My ISP can only see that one of my 5 IP's are "configured" as they say.
I can ping them and see them from the LANs though.
-
The 1:1 NAT is for using and external IP for an internal IP. Remove them. Your systems are not servers so they only need outbound rules not inbound. Port Forwards and 1:1 are for servers behind a firewall and not systems. In the manual outbound NAT you MUST specify which VIP you want each subnet to use. The way you have it posted, you are going to use the WAN interface address.
-
I can't thank you enough!!! That worked!
Thanks - I will try and document this for others but at a minimum I will help others.
-
Now I have one final question - I kept it here but it may be a routing question??
Now that I have started to move over a few test machines to the static IP's I am realizing that I can't re-connect to them.

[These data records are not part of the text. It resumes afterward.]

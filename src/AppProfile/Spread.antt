-- ===== src/AppProfile/Spread.antt =====
-- Which clusters an app has after the second loop.
use karlon.Base.{
  ◌≡◌, arith, Bool, not, ◌&&◌, ◌||◌, ◌==◌, String, Option, none, some, List, [], ◌∷◌, contains,
  eq_iff, Bool-cases, inl, inr,
}
use karlon.Base.Dict.{Dict, lookup, insert, lookup-insert}
use karlon.Base.Sets.{add, union, contains-add, contains-add_all}
use karlon.Objects.{Application, AppProfile}
use karlon.Services.{Api, State}
use karlon.Services.Exec.{go}
use karlon.AppProfile.Clusters.{SetMap, or_none, set_of}
use karlon.AppProfile.Profiles.{deploy, scan_apps, reconcile_profile, reconcile_profiles}
use karlon.AppProfile.Deployed.{any, IsNamed, flow-cases}
use karlon.AppProfile.{by_name}

pub by_name-IsNamed :
    (apps : List Application) (m : Dict Application) → IsNamed m → IsNamed (by_name apps m)
unfolding by_name
by_name-IsNamed [] m named = named
by_name-IsNamed (app ∷ apps) m named =
    by_name-IsNamed apps (insert app.meta.name app m) (λ name a found.
      ground
        (arith, lookup-insert app.meta.name name app m, named name a, eq_iff app.meta.name name))

deploy_lem :
    (clusters : Option (List String)) (app a c : String) (m : SetMap)
    → contains c (set_of a (deploy clusters app m))
      ≡ (app == a && contains c (or_none clusters) || contains c (set_of a m))
unfolding deploy contains set_of
deploy_lem none app a c m = ground (arith, lookup-insert app a [] m, eq_iff app a)
deploy_lem (some clusters) app a c m = ground (
  arith,
  lookup-insert app a (union (or_none (lookup app m)) clusters) m,
  contains-add_all c clusters (or_none (lookup app m)),
  eq_iff app a,
)

-- the clusters of every app after a profile's names
scan_apps_lem :
    (valid : List String) (clusters : Option (List String)) (apps bad : List String) (m : SetMap)
    (a c : String)
    → contains c (set_of a (scan_apps valid clusters apps bad m).1) ≡ (
        contains a valid && contains a apps && contains c (or_none clusters)
        || contains c (set_of a m))
unfolding scan_apps contains
scan_apps_lem valid clusters [] bad m a c = ground arith
scan_apps_lem valid clusters (app ∷ apps) bad m a c = elim (Bool-cases (contains app valid)) [
  | inl valid_app ↦ ground (
    arith,
    scan_apps_lem valid clusters apps bad (deploy clusters app m) a c,
    deploy_lem clusters app a c m,
    eq_iff app a,
    eq_iff a app,
  )
  | inr invalid_app ↦
      ground (arith, scan_apps_lem valid clusters apps (add app bad) m a c, eq_iff a app)
]

-- the names found not to be valid
pub scan_apps_bad :
    (valid : List String) (clusters : Option (List String)) (apps bad : List String) (m : SetMap)
    (a : String)
    → contains a (scan_apps valid clusters apps bad m).0
      ≡ (contains a apps && not (contains a valid) || contains a bad)
unfolding scan_apps contains
scan_apps_bad valid clusters [] bad m a = ground arith
scan_apps_bad valid clusters (app ∷ apps) bad m a = elim (Bool-cases (contains app valid)) [
  | inl valid_app ↦
      ground (arith, scan_apps_bad valid clusters apps bad (deploy clusters app m) a, eq_iff a app)
  | inr invalid_app ↦ ground (
    arith,
    scan_apps_bad valid clusters apps (add app bad) m a,
    contains-add a app bad,
    eq_iff a app,
  )
]

-- a profile brings an app to a cluster
abbrev pub brings : List String → SetMap → String → String → AppProfile → Bool
brings valid by_profile a c prof =
    contains a valid && contains a prof.app_names && contains c (set_of prof.name by_profile)

module _ {api : Api} where
  reconcile_profile_lem :
      (valid : List String) (by_profile : SetMap) (prof : AppProfile) (m m' : SetMap)
      (s s' : State api) (a c : String)
      → reconcile_profile valid by_profile prof m s ≡ (go m', s')
      → contains c (set_of a m') ≡ (brings valid by_profile a c prof || contains c (set_of a m))
  unfolding reconcile_profile set_of contains
  reconcile_profile_lem valid by_profile prof m m' s s' a c h =
      ground (arith, scan_apps_lem valid (lookup prof.name by_profile) prof.app_names [] m a c)

  pub reconcile_profiles_lem :
      (valid : List String) (by_profile : SetMap) (profs : List AppProfile) (m m' : SetMap)
      (s s' : State api) (a c : String)
      → reconcile_profiles valid by_profile profs m s ≡ (go m', s')
      → contains c (set_of a m')
        ≡ (any (brings valid by_profile a c) profs || contains c (set_of a m))
  unfolding reconcile_profiles any
  reconcile_profiles_lem valid by_profile [] m m' s s' a c h = ground arith
  reconcile_profiles_lem valid by_profile (prof ∷ profs) m m' s s' a c h =
      elim (flow-cases (reconcile_profile valid by_profile prof m s)) [
        | inl (e, t, stopped) ↦ ground arith
        | inr (mid, t, went) ↦ ground (
          arith,
          reconcile_profile_lem valid by_profile prof m mid s t a c went,
          reconcile_profiles_lem valid by_profile profs mid m' t s' a c,
        )
      ]
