-- ===== src/AppProfile/Settled.antt =====
-- What the third loop writes, and that it has nothing more to write after that.
use karlon.Base.{
  ◌≡◌, ◌⊎◌, refl, ◌∙◌, ap, arith, Bool, true, false, ◌&&◌, ◌||◌, String, Option, some, List, [],
  ◌∷◌, map, contains, eq_iff, eq_refl, Bool-cases, inl, inr,
}
use karlon.Base.Dict.{Dict, lookup, get}
use karlon.Base.Sets.{add, equal_sets, equal_sets_iff, contains-add}
use karlon.Objects.{AppProfile, Application, ApplicationSet, ArgoCluster}
use karlon.Services.{Api, State, app_set_update}
use karlon.Services.Exec.{go}
use karlon.AppProfile.{by_name}
use karlon.AppProfile.Clusters.{SetMap, Maps, set_of, reconcile_clusters}
use karlon.AppProfile.Profiles.{reconcile_profiles}
use karlon.AppProfile.Apps.{Fields, cluster_names, element, listed, reconcile_app}
use karlon.AppProfile.Deployed.{any, uses, reconcile_clusters_lem}
use karlon.AppProfile.Spread.{by_name-IsNamed, reconcile_profiles_lem}

-- the fields that the text of an element stands for
abbrev pub fields_of : Dict String → String → Fields
fields_of servers name =
    ("cluster_name", some name) ∷ ("cluster_server", some (get name servers)) ∷ []

-- the set with the elements of the clusters
abbrev pub rewritten : Dict String → List String → ApplicationSet → ApplicationSet
rewritten servers clusters app = record app {
  generators = some (map (element servers) clusters) ∷ [];
}

any-cong : {A : Type 0} (p q : A → Bool) (xs : List A) → ((x : A) → p x ≡ q x) → any p xs ≡ any q xs
unfolding any
any-cong p q [] h = refl
any-cong p q (x ∷ xs) h = let first = h x in let rest = any-cong p q xs h in rw (first, rest)

or_false : (b : Bool) → (b || false) ≡ b
or_false b = ground arith

module _ (decode : String → Option Fields) where
  listed_lem :
      (servers : Dict String) (clusters s : List String) (c : String)
      → ((name : String)
          → contains name clusters ≡ true
          → decode (element servers name) ≡ some (fields_of servers name))
      → contains c (listed decode (map (element servers) clusters) s)
        ≡ (contains c clusters || contains c s)
  unfolding listed cluster_names contains
  listed_lem servers [] s c h = ground arith
  listed_lem servers (name ∷ names) s c h =
      let read = h name (rw (eq_refl name)) in
      let rest = listed_lem servers names (add name s) c (λ n m. h n (ground arith)) in
      ground (arith, read, rest, contains-add c name s, eq_iff c name)

  module _ {api : Api} where
    -- A round of the third loop over an app with the list that such a round writes makes no
    -- call, if the elements of the app's clusters are decoded to the fields they were made of.
    pub reconcile_app_settled :
        (servers : Dict String) (m : SetMap) (app : ApplicationSet) (s : State api)
        → ((name : String)
            → contains name (set_of app.name m) ≡ true
            → decode (element servers name) ≡ some (fields_of servers name))
        → reconcile_app decode servers m (rewritten servers (set_of app.name m) app) s ≡ (go tt, s)
    unfolding reconcile_app contains
    reconcile_app_settled servers m app s h =
        let same =
          (equal_sets_iff (set_of app.name m)
              (listed decode (map (element servers) (set_of app.name m)) [])).1
            (λ c. ground (arith, listed_lem servers (set_of app.name m) [] c h)) in
        rw same

    -- For an app with one generator, a list, a round of the third loop makes no call where the
    -- clusters of the app are those of the list, or its one call writes a list with an element
    -- for each cluster of the app.
    pub reconcile_app_calls :
        (servers : Dict String) (m : SetMap) (app : ApplicationSet) (raws : List String)
        (s : State api)
        → app.generators ≡ some raws ∷ []
        → (((c : String) → contains c (set_of app.name m) ≡ contains c (listed decode raws []))
            × (reconcile_app decode servers m app s ≡ (go tt, s)))
          ⊎ ((reconcile_app decode servers m app s).1.calls
              ≡ app_set_update (rewritten servers (set_of app.name m) app) ∷ s.calls)
    unfolding reconcile_app
    reconcile_app_calls servers m app raws s h =
        elim (Bool-cases (equal_sets (set_of app.name m) (listed decode raws []))) [
          | inl same ↦
              inl
                ((equal_sets_iff (set_of app.name m) (listed decode raws [])).0 same, ground arith)
          | inr differ ↦ inr (ground arith)
        ]

module _ {api : Api} where
  -- After the first two loops of the reconciliation, an app has a cluster exactly if it is
  -- valid and some profile lists it that is named by the annotation that counts for the
  -- cluster: that of the karlon cluster of its name, or its own if there is none. The condition
  -- is that the two loops, started with empty maps, run to their ends.
  pub app_clusters :
      (apps : List Application) (clusts : List ArgoCluster) (maps : Maps) (valid : List String)
      (profs : List AppProfile) (m : SetMap) (s t u : State api) (a c : String)
      → reconcile_clusters
          (by_name apps [])
          clusts
          (record { profile_to_clusters = []; name_to_server = [] })
          s
        ≡ (go maps, t)
      → reconcile_profiles valid maps.profile_to_clusters profs [] t ≡ (go m, u)
      → contains c (set_of a m)
        ≡ any
            (λ (prof : AppProfile).
              contains a valid
              && contains a prof.app_names
              && any (uses (by_name apps []) prof.name c) clusts)
            profs
  unfolding set_of contains lookup any
  app_clusters apps clusts maps valid profs m s t u a c h1 h2 =
      let named = by_name-IsNamed apps [] (λ name app found. ground arith) in
      let spread = λ (p : String).
        reconcile_clusters_lem (by_name apps []) clusts
          (record { profile_to_clusters = []; name_to_server = [] }) maps s t c p named h1
        ∙ or_false _ in
      reconcile_profiles_lem valid maps.profile_to_clusters profs [] m t u a c h2
      ∙ or_false _
      ∙ any-cong _ _ profs
          (λ prof. ap (λ b. contains a valid && contains a prof.app_names && b) (spread prof.name))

Is the process for setting up ports, remote desktop and VNC pass through the same with VIP's or is that also more complicated.
Thx.
-
If you are trying to connect to them from the internet, the process is the same. If you are looking for inter-LAN communication, you should be able to access them via their internal IP address in the new subnet. The allow all rule you have on each LAN should pass all the communications.

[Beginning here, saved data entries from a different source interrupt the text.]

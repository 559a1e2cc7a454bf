-- ===== src/Telnet/Input/Tests.antt =====
-- A window size that arrives in two parts.
use hc.Base.{ℕ, ◌≡◌, ◌⊎◌, refl, Bool, true, List, [], ◌∷◌, ◌++◌, some, none, replicate}
use hc.Telnet.{Server, Call, written, resized, call, call_text, text, behind}
use hc.Telnet.Command.{
  read_on, get_byte_or_save, get_naws_byte, get_naws_u16_or_save, naws, subnegotiation, iac_command,
  cr_command, command,
}
use hc.Telnet.Saved.{put_saved, take_saved, clear_saved}
use hc.Telnet.Input.{starts_command, and_read, call_for, obey, read_loop, end_reading, on_client_fd}
use hc.Telnet.Input.Reference.{events}
use hc.Telnet.Input.Split.{on_client_fd_split}

abbrev always : List Call → Bool
always t = true

abbrev connected : Server
connected = record { client_fd = some 9; saved = replicate 12 0 }

abbrev first_part : List ℕ
first_part = b'l' ∷ b's' ∷ 255 ∷ 250 ∷ 31 ∷ 0 ∷ 80 ∷ []

abbrev second_part : List ℕ
second_part = 0 ∷ 24 ∷ 255 ∷ 240 ∷ 13 ∷ 0 ∷ []

hears_size :
    (on_client_fd always connected (first_part ++ second_part) []).1
    ≡ written (13 ∷ []) ∷ resized 80 24 ∷ written (b'l' ∷ b's' ∷ []) ∷ []
unfolding on_client_fd end_reading read_loop obey call_for and_read starts_command put_saved
    take_saved clear_saved read_on get_byte_or_save get_naws_byte get_naws_u16_or_save naws
    subnegotiation iac_command cr_command command call call_text text behind
hears_size = refl

on_client_fd_split_example :
    let first = on_client_fd always connected first_part [] in
    let second = on_client_fd always first.0 second_part first.1 in
    let whole = on_client_fd always connected (first_part ++ second_part) [] in
    ((first.0.client_fd ≡ none) × (whole.0 ≡ first.0) × (events whole.1 ≡ events first.1))
    ⊎ ((first.0.client_fd ≡ some 9) × (whole.0 ≡ second.0) × (events whole.1 ≡ events second.1))
on_client_fd_split_example =
    on_client_fd_split always (λ t. refl) connected 9 first_part second_part [] refl refl (λ e. cc)
      (λ e. cc)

If you want to restrict that, you are going to have to create a series of aliases and change the default rule.
If you are using DNS names, then I would use the DNS forwarder's override to create a split-brained DNS. This way if you are internal and you are using the pfSense firewall for DNS services, then when someone from the inside requests the DNS name they will get the internal address. But if you are on the internet, you get the VIP address.
I am sure there are more options as well depending on what exactly you are doing.
-
If you are trying to connect to them from the internet, the process is the same. If you are looking for inter-LAN communication, you should be able to access them via their internal IP address in the new subnet. The allow all rule you have on each LAN should pass all the communications.
If you want to restrict that, you are going to have to create a series of aliases and change the default rule.
If you are using DNS names, then I would use the DNS forwarder's override to create a split-brained DNS. This way if you are internal and you are using the pfSense firewall for DNS services, then when someone from the inside requests the DNS name they will get the internal address. But if you are on the internet, you get the VIP address.
I am sure there are more options as well depending on what exactly you are doing.
I got it sorted and I want to thank you publicly (not just by PM). I learned a lot during the process and I will make an effort to check the forum to try and help others.
Thanks again!! I appreciate the help.